There can be little doubt that Castro was a convinced Communist. Yet it is also true that Marxism-Leninism’s call for a dictatorship of the proletariat provided the ideological justification for Castro’s own autocracy. It escaped few observers’ attention that, beneath the now fading ideological colorings, it had much older roots in the figure of the Latin American strongman, the “caudillo.” And Castro was the quintessential one, and perhaps the last one.

Much is to be said about the willpower that turned this man into a source of endless fury and frustration in the biggest power of the day, then and now. It obviously took much more than tyranny and brutalities to turn him into the undisputed leader of Cuba. Three centuries after that other islander, English poet John Donne had penned that “No man is an island,” this Cuban child of a Spanish landowner and his maid came to embody his island.
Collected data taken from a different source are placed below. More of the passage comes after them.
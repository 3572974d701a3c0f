-- ===== src/Kernel/Heap/RoundTrip.antt =====
-- A block taken by `kmalloc` and given back by `kfree`.
use mira_os.Base.{
  ℕ, zero, suc, ◌+◌, ◌%◌, ◌^◌, ◌<◌, ◌≤◌, ◌≡◌, ◌≢◌, ◌⊎◌, refl, ap, ◌∙◌, sym, inl, inr, ◌==◌,
  Bool-cases, true, false, not, arith, if◌then◌else◌, ◌&&◌, ltb, leb, some,
}
use mira_os.Common.Memory.{Memory, poke}
use mira_os.Kernel.Words.{add64, sub64}
use mira_os.Kernel.Heap.{
  block_size, is_free, next_block, set_free, set_prev, split_block, merge_next, merge_prev,
  merge_adjacent, find_fit, take_block, kmalloc, kfree, round_size, slab_max_size, Heap,
}
use mira_os.Kernel.Heap.Blocks.{
  Placed, in_header, merge_next-skip, merge_prev-skip, set_free-twice, merge_next_lem, split_other,
  split_parts,
}

-- The same neighbour, seen in two memories that agree on it.
neighbour :
    (t w : Memory) (a : ℕ)
    → t a ≡ w a
    → t (w a + 8) ≡ w (w a + 8)
    → (w a ≡ 0) ⊎ (w (w a + 8) % 2 ^ 32 ≡ 0)
    → (t a ≡ 0) ⊎ (t (t a + 8) % 2 ^ 32 ≡ 0)
neighbour t w a e f (inl null) = inl (e ∙ null)
neighbour t w a e f (inr busy) =
    inr (ap (λ c. t (c + 8) % 2 ^ 32) e ∙ (ap (λ c. c % 2 ^ 32) f ∙ busy))

split_block-whole :
    (w : Memory) (b size : ℕ) → w b < size + 64 → size < 2 ^ 63 → split_block b size w ≡ w
unfolding split_block block_size
split_block-whole w b size small bound =
    let cond : ltb (w b) (add64 (add64 size 32) 32) ≡ true = ground arith in
    rw (cond, split_block) refl

set_prev_lem :
    (p v : ℕ) (t : Memory) (y : ℕ)
    → set_prev p v t y ≡ (if not (p == 0) && (y == p + 24) then v else t y)
unfolding set_prev poke
set_prev_lem p v t y = ground arith

poke_lem : (t : Memory) (a v y : ℕ) → poke t a v y ≡ (if y == a then v else t y)
unfolding poke
poke_lem t a v y = refl

module _ (w : Memory) (b size : ℕ) (placed : Placed w b) (fit : size ≤ w b) where
  -- The words after the flag was set twice.
  abbrev given : Memory
  given = set_free b 1 (set_free b 0 (split_block b size w))

  whole_back : (x : ℕ) → w b < size + 64 → size < 2 ^ 63 → merge_adjacent b given x ≡ w x
  unfolding merge_adjacent
  whole_back x small bound =
      let (top, flag, behind, before) = placed in
      let whole = split_block-whole w b size small bound in
      let eq : (y : ℕ) → given y ≡ w y =
        λ y. ap (λ s. set_free b 1 (set_free b 0 s) y) whole ∙ set_free-twice b w y flag in
      let next = merge_next-skip b given (
        neighbour given w (b + 16) (eq _) (eq _)
          (elim behind [ inl e ↦ inl e | inr (far, busy, back) ↦ inr busy ])) in
      let prev = merge_prev-skip b given (
        neighbour given w (b + 24) (eq _) (eq _)
          (elim before [ inl e ↦ inl e | inr (near, busy) ↦ inr busy ])) in
      ap (λ t. merge_prev b t x) next ∙ (ap (λ t. t x) prev ∙ eq x)

  merged_words :
      size + 64 ≤ w b
      → ((y : ℕ) → given y ≡ split_block b size w y)
      → (y : ℕ) → in_header (b + 32 + size) y ≡ false
      → set_prev (w (b + 16)) b (poke (poke given b (w b)) (b + 16) (w (b + 16))) y ≡ w y
  merged_words large eq y outside =
      let (top, flag, behind, before) = placed in
      let n = w (b + 16) in
      let one = poke given b (w b) in
      let two = poke one (b + 16) n in
      set_prev_lem n b two y ∙ elim (Bool-cases (not (n == 0) && (y == n + 24))) [
        | inl link ↦ elim behind [
          | inl null ↦ absurd (ground arith)
          | inr (far, busy, back) ↦
              let at : n + 24 ≡ y = ground arith in rw link (sym back ∙ ap w at)
        ]
        | inr other ↦ rw other (
            poke_lem one (b + 16) n y ∙ elim (Bool-cases (y == b + 16)) [
              | inl next ↦ let at : b + 16 ≡ y = ground arith in rw next (ap w at)
              | inr not_next ↦ rw not_next (
                  poke_lem given b (w b) y ∙ elim (Bool-cases (y == b)) [
                    | inl first ↦ let at : b ≡ y = ground arith in rw first (ap w at)
                    | inr not_first ↦
                        let away : (n ≡ 0) ⊎ (y ≢ n + 24) = elim (Bool-cases (n == 0)) [
                          | inl null ↦ inl (ground arith)
                          | inr there ↦ inr (λ e. absurd (ground (arith, e)))
                        ] in
                        rw not_first (
                          eq y
                          ∙ split_other w b size placed large y outside
                              (λ e. absurd (ground (arith, e))) (λ e. absurd (ground (arith, e)))
                              away)
                  ])
            ])
      ]

  split_back :
      (x : ℕ)
      → size + 64 ≤ w b
      → in_header (b + 32 + size) x ≡ false
      → merge_adjacent b given x ≡ w x
  unfolding merge_adjacent
  split_back x large outside =
      let (top, flag, behind, before) = placed in
      let new = b + 32 + size in
      let n = w (b + 16) in
      let s = split_block b size w in
      let (p1, p2, p3, p4, p5) = split_parts w b size placed large in
      let low : (y : ℕ) → y < b + 32 → (n ≡ 0) ⊎ (y ≢ n + 24) = λ y lt. elim behind [
        | inl e ↦ inl e
        | inr (far, busy, back) ↦ inr (λ e. absurd (omega (arith, e, far)))
      ] in
      let flag_kept : s (b + 8) ≡ w (b + 8) =
        split_other w b size placed large (b + 8) (ground arith) (λ e. absurd (omega (arith, e)))
          (λ e. absurd (omega (arith, e))) (low (b + 8) (omega arith)) in
      let eq : (y : ℕ) → given y ≡ s y =
        λ y. set_free-twice b s y (ap (λ c. c % 2 ^ 32) flag_kept ∙ flag) in
      let merged : Memory = set_prev n b (poke (poke given b (w b)) (b + 16) n) in
      let sum : add64 (given b) (add64 32 (given new)) ≡ w b =
        ap (λ c. add64 c (add64 32 (given new))) (eq b ∙ p1)
        ∙ (ap (λ c. add64 size (add64 32 c)) (eq new ∙ p3) ∙ omega arith) in
      let next : merge_next b given ≡ merged =
        merge_next_lem b new n given (eq _ ∙ p2) (λ e. absurd (omega (arith, e)))
          (ap (λ c. c % 2 ^ 32) (eq (new + 8)) ∙ p4) (eq _ ∙ p5) (omega arith)
        ∙ ap (λ c. set_prev n b (poke (poke given b c) (b + 16) n)) sum in
      let words = merged_words large eq in
      let prev = merge_prev-skip b merged (
        neighbour merged w (b + 24) (words _ (ground arith))
          (words _ (elim before [ inl e ↦ ground arith | inr (near, busy) ↦ ground arith ]))
          (elim before [ inl e ↦ inl e | inr (near, busy) ↦ inr busy ])) in
      ap (λ t. merge_prev b t x) next ∙ (ap (λ t. t x) prev ∙ words x outside)

find_fit-some :
    (f current size : ℕ) (w : Memory) (b : ℕ)
    → find_fit f current size w ≡ some (some b)
    → (is_free w b ≡ true) × (size ≤ w b)
unfolding find_fit block_size
find_fit-some zero current size w b h = absurd (ground arith)
find_fit-some (suc f) current size w b h =
    elim (Bool-cases (is_free w current && leb size (w current))) [
      | inl found ↦ (ground arith, ground arith)
      | inr not_found ↦ find_fit-some f (next_block w current) size w b (ground arith)
    ]

kmalloc-found :
    (depth f size : ℕ) (h : Heap) (b : ℕ)
    → slab_max_size < size
    → find_fit (suc f) h.heap_head (round_size size) h.words ≡ some (some b)
    → kmalloc depth (suc f) size h ≡ some (take_block b (round_size size) h)
unfolding kmalloc
kmalloc-found depth f size h b large found =
    let slab : leb size slab_max_size ≡ false = ground arith in
    let some_size : (size == 0) ≡ false = ground arith in
    rw (some_size, kmalloc) (rw slab (rw found refl))

kfree_words :
    (b : ℕ) (h : Heap) (x : ℕ)
    → b + 32 < 2 ^ 64
    → (kfree (b + 32) h).words x ≡ merge_adjacent b (set_free b 1 h.words) x
unfolding kfree
kfree_words b h x bound =
    let null : (b + 32 == 0) ≡ false = ground arith in
    let block : sub64 (b + 32) 32 ≡ b = omega arith in
    rw (null, kfree) (ap (λ c. merge_adjacent c (set_free c 1 h.words) x) block)

taken_block :
    (w : Memory) (b size : ℕ)
    → Placed w b
    → size ≤ w b
    → size < 2 ^ 63
    → (is_free (set_free b 0 (split_block b size w)) b ≡ false)
      × (size ≤ block_size (set_free b 0 (split_block b size w)) b)
unfolding is_free set_free poke block_size
taken_block w b size placed fit bound = (
  ground arith,
  elim (Bool-cases (ltb (w b) (size + 64))) [
    | inl small ↦
        let whole = split_block-whole w b size (ground arith) bound in
        ground (arith, ap (λ s. s b) whole)
    | inr large ↦
        let (p1, p2, p3, p4, p5) = split_parts w b size placed (ground arith) in ground (arith, p1)
  ],
)

round_size-bound :
    (size : ℕ) → size < 2 ^ 62 → (size ≤ round_size size) × (round_size size < 2 ^ 63)
unfolding round_size
round_size-bound size bound = (omega arith, omega arith)

-- A request above 1024 bytes for which the list has a free block gives the first such block, which is then no
-- longer free and holds at least the size that was asked for; `kfree` of the result brings back every word of
-- the heap, but for the header of the part that was cut off, provided that the neighbours of the block are not
-- free and the links of the list are consistent there; requests of 2 ^ 62 bytes and more are left out.
pub kfree-kmalloc :
    (depth f size : ℕ) (h : Heap) (b : ℕ)
    → slab_max_size < size
    → size < 2 ^ 62
    → find_fit (suc f) h.heap_head (round_size size) h.words ≡ some (some b)
    → Placed h.words b
    → (h' : Heap) × (kmalloc depth (suc f) size h ≡ some (b + 32, h'))
      × (is_free h'.words b ≡ false)
      × (size ≤ block_size h'.words b)
      × ((x : ℕ)
          → in_header (b + 32 + round_size size) x ≡ false
          → (kfree (b + 32) h').words x ≡ h.words x)
unfolding take_block
kfree-kmalloc depth f size h b large bound found placed =
    let w = h.words in
    let rounded = round_size size in
    let (free, fit) = find_fit-some (suc f) h.heap_head rounded w b found in
    let (low, high) = round_size-bound size bound in
    let taken = (take_block b rounded h).1 in
    let (busy, holds) = taken_block w b rounded placed fit high in
    (
      taken,
      kmalloc-found depth f size h b large found,
      busy,
      omega (arith, low, holds),
      λ x outside.
          kfree_words b taken x (omega (arith, placed.0))
          ∙ elim (Bool-cases (ltb (w b) (rounded + 64))) [
            | inl small ↦ whole_back w b rounded placed fit x (ground arith) high
            | inr cut ↦ split_back w b rounded placed fit x (ground arith) outside
          ],
    )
Castro was indeed an island onto himself in other ways, too. His stubborn refusal to acknowledge the geopolitical realities of the world after the collapse of the Soviet Union caused immense hardship to the long-suffering Cuban people. Then again, the Communist regime’s repressive machine may not be the only explanation. Many a tyranny has fallen mightily for all the power of its police state.

So yes, Fidel Castro’s life was the stuff of legend. That does not amount to condoning the summary executions that he carried out as soon as he came to power and the egregious violations of human rights that are inevitably associated with any dictatorship of whatever political orientation. It merely comes to prove that in our current era of unlimited information legends do not pass reality check. Too many of Castro’s atrocities are documented as to be forgotten or be absolved.

None of that will matter to the loyal coreligionists and admirers of Castro, of course. “Saints should always be judged guilty until they are proved innocent,” has written Orwell. Legend has it that Stalin’s mother was taken aback when she came to visit him at the Kremlin and she couldn’t understand how her son was there. “What are you doing here?” she asked him. “Do you remember the Tsar? I’m something like that,” Stalin responded. So no, Castro did not make any claim to sainthood. But, in the ideological puritanism he espoused, he too yearned for “something like” sainthood.